### Task input
▽

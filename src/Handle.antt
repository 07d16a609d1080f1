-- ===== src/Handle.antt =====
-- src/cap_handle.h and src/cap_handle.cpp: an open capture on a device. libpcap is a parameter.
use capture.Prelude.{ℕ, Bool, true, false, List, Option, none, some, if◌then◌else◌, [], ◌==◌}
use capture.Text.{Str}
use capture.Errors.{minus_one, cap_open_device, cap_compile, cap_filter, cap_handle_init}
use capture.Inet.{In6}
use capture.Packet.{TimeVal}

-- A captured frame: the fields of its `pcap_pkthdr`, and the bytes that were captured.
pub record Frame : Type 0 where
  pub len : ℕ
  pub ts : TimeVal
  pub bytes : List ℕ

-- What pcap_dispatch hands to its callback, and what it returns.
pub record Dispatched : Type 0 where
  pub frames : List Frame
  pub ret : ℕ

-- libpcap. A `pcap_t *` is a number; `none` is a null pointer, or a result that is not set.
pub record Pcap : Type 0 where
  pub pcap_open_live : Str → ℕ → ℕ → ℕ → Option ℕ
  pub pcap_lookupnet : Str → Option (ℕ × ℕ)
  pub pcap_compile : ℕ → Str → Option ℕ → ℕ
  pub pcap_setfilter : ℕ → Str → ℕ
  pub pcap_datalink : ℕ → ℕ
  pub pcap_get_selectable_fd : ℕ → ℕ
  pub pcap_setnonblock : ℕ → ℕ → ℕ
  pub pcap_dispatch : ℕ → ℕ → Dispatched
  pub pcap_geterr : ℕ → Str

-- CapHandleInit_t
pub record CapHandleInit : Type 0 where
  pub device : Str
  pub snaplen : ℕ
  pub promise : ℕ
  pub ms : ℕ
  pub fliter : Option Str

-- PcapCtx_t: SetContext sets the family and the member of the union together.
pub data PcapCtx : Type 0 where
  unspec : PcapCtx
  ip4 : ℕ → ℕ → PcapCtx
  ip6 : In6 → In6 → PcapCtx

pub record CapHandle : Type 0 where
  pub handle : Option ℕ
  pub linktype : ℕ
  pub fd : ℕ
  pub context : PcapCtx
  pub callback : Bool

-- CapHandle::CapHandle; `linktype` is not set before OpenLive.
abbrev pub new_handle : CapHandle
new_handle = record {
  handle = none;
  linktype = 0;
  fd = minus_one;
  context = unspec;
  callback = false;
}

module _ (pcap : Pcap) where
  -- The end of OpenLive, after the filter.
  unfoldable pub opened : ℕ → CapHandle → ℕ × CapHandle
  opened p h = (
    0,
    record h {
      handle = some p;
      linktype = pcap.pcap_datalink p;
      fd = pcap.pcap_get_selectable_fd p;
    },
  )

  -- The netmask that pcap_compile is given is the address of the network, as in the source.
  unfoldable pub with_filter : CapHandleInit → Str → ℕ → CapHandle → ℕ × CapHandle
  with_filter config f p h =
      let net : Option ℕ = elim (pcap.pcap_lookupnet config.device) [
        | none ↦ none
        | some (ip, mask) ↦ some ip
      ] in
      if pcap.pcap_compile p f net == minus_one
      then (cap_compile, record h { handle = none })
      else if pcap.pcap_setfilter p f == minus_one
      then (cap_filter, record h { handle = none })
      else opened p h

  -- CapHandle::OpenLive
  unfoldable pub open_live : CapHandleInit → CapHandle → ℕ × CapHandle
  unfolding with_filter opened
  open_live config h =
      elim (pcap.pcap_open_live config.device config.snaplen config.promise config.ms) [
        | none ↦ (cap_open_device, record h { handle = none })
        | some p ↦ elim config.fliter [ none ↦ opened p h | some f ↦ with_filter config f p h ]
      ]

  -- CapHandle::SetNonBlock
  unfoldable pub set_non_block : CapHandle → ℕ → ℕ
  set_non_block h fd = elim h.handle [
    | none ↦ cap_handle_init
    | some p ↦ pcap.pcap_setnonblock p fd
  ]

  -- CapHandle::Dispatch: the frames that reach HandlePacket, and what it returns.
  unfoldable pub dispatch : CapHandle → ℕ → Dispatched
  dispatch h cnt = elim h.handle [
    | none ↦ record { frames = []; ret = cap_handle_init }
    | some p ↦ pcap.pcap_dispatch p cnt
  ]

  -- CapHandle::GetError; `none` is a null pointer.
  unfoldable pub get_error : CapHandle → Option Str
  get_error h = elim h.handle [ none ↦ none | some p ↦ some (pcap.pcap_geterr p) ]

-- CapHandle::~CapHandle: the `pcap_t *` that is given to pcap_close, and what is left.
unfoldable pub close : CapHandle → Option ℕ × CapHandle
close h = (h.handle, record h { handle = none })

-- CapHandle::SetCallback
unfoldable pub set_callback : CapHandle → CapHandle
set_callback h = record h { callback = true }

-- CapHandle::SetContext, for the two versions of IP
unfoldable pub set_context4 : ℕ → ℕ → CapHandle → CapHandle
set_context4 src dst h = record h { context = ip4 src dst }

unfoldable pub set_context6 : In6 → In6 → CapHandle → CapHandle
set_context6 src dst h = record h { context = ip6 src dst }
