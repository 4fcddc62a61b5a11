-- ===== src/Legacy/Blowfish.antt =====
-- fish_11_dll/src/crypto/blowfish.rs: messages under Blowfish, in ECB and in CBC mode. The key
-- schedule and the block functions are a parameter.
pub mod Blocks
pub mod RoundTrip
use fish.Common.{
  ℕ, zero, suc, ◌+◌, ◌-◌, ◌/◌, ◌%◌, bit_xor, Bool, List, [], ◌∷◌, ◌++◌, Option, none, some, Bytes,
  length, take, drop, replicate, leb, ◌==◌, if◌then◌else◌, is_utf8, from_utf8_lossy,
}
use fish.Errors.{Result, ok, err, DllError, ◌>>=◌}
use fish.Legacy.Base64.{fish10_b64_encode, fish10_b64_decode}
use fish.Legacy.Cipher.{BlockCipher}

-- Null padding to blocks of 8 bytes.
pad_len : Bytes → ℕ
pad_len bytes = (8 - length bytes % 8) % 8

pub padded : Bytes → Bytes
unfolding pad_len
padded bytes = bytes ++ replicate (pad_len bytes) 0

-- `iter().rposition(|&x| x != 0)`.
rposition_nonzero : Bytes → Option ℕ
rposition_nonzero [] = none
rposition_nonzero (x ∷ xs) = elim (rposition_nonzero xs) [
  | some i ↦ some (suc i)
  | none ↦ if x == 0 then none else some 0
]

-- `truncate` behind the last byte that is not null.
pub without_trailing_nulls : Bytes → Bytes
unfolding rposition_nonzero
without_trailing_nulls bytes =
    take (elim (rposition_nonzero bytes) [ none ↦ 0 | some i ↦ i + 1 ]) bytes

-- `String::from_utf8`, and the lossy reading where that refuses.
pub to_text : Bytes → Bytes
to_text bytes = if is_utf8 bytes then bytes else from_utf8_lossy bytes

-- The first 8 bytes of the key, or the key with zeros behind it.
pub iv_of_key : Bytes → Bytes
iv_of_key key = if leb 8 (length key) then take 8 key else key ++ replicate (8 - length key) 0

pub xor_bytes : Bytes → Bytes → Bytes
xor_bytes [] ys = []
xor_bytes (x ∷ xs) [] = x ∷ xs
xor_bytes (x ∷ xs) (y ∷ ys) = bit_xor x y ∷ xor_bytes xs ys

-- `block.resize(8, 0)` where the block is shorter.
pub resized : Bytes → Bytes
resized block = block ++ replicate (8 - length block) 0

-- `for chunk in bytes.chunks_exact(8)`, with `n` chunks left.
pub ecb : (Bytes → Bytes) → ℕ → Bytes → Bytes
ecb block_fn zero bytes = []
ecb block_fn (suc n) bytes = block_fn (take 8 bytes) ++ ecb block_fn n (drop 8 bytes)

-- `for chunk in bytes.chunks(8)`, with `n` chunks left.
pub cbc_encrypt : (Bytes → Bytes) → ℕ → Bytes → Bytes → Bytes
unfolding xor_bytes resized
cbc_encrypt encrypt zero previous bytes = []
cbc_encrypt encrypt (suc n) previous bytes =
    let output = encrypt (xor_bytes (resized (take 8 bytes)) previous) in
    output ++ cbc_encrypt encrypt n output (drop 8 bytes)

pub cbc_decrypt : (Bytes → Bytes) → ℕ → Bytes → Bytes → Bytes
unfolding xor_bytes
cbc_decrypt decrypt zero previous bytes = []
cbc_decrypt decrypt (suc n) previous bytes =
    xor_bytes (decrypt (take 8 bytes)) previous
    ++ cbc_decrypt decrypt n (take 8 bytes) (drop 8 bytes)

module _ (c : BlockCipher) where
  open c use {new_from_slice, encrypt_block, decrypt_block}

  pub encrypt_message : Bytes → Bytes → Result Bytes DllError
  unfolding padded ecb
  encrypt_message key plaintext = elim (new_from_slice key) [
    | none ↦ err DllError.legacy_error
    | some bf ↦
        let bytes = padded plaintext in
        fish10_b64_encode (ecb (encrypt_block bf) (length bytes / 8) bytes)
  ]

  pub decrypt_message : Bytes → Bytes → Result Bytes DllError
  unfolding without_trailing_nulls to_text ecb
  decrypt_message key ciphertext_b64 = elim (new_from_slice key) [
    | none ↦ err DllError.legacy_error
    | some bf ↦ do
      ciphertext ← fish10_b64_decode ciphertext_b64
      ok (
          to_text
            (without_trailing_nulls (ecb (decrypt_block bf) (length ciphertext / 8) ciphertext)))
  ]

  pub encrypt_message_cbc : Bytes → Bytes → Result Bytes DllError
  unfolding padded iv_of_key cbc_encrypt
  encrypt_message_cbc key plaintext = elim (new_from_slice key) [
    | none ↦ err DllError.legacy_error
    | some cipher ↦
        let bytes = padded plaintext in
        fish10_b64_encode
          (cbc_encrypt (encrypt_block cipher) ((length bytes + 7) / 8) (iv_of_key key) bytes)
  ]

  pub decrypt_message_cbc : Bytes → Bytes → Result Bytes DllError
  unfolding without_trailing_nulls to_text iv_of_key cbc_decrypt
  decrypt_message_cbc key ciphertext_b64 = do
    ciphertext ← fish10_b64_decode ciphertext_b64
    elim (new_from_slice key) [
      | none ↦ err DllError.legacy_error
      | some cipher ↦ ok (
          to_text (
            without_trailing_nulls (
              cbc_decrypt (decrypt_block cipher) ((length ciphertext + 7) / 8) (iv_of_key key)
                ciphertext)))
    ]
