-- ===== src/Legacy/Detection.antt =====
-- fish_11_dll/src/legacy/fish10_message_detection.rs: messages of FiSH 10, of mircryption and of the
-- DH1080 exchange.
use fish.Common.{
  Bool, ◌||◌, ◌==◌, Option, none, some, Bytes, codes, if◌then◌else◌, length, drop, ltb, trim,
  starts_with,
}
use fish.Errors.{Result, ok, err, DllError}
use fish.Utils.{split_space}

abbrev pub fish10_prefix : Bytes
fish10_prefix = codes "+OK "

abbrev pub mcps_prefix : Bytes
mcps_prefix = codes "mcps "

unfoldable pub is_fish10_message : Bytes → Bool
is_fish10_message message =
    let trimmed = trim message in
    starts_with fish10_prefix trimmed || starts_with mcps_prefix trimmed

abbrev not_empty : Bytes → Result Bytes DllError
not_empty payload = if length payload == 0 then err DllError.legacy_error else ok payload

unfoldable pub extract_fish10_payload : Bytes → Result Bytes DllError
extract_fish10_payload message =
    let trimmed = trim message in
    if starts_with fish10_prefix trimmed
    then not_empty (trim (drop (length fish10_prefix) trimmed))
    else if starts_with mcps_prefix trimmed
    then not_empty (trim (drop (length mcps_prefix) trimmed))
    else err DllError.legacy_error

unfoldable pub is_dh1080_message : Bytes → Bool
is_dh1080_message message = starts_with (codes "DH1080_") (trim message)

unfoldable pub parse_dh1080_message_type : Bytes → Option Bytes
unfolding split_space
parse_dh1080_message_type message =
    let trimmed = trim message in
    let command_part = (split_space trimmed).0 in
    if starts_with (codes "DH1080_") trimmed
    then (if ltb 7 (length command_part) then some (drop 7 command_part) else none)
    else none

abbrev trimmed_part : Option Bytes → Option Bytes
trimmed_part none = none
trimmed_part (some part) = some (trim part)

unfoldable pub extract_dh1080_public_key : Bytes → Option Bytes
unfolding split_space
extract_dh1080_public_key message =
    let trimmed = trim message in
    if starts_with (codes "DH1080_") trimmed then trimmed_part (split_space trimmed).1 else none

△

### What the task requires
Where the word "behind" occurs in a line of the records, copy that line.

### Solution to this exercise
-- `truncate` behind the last byte that is not null.
-- The first 8 bytes of the key, or the key with zeros behind it.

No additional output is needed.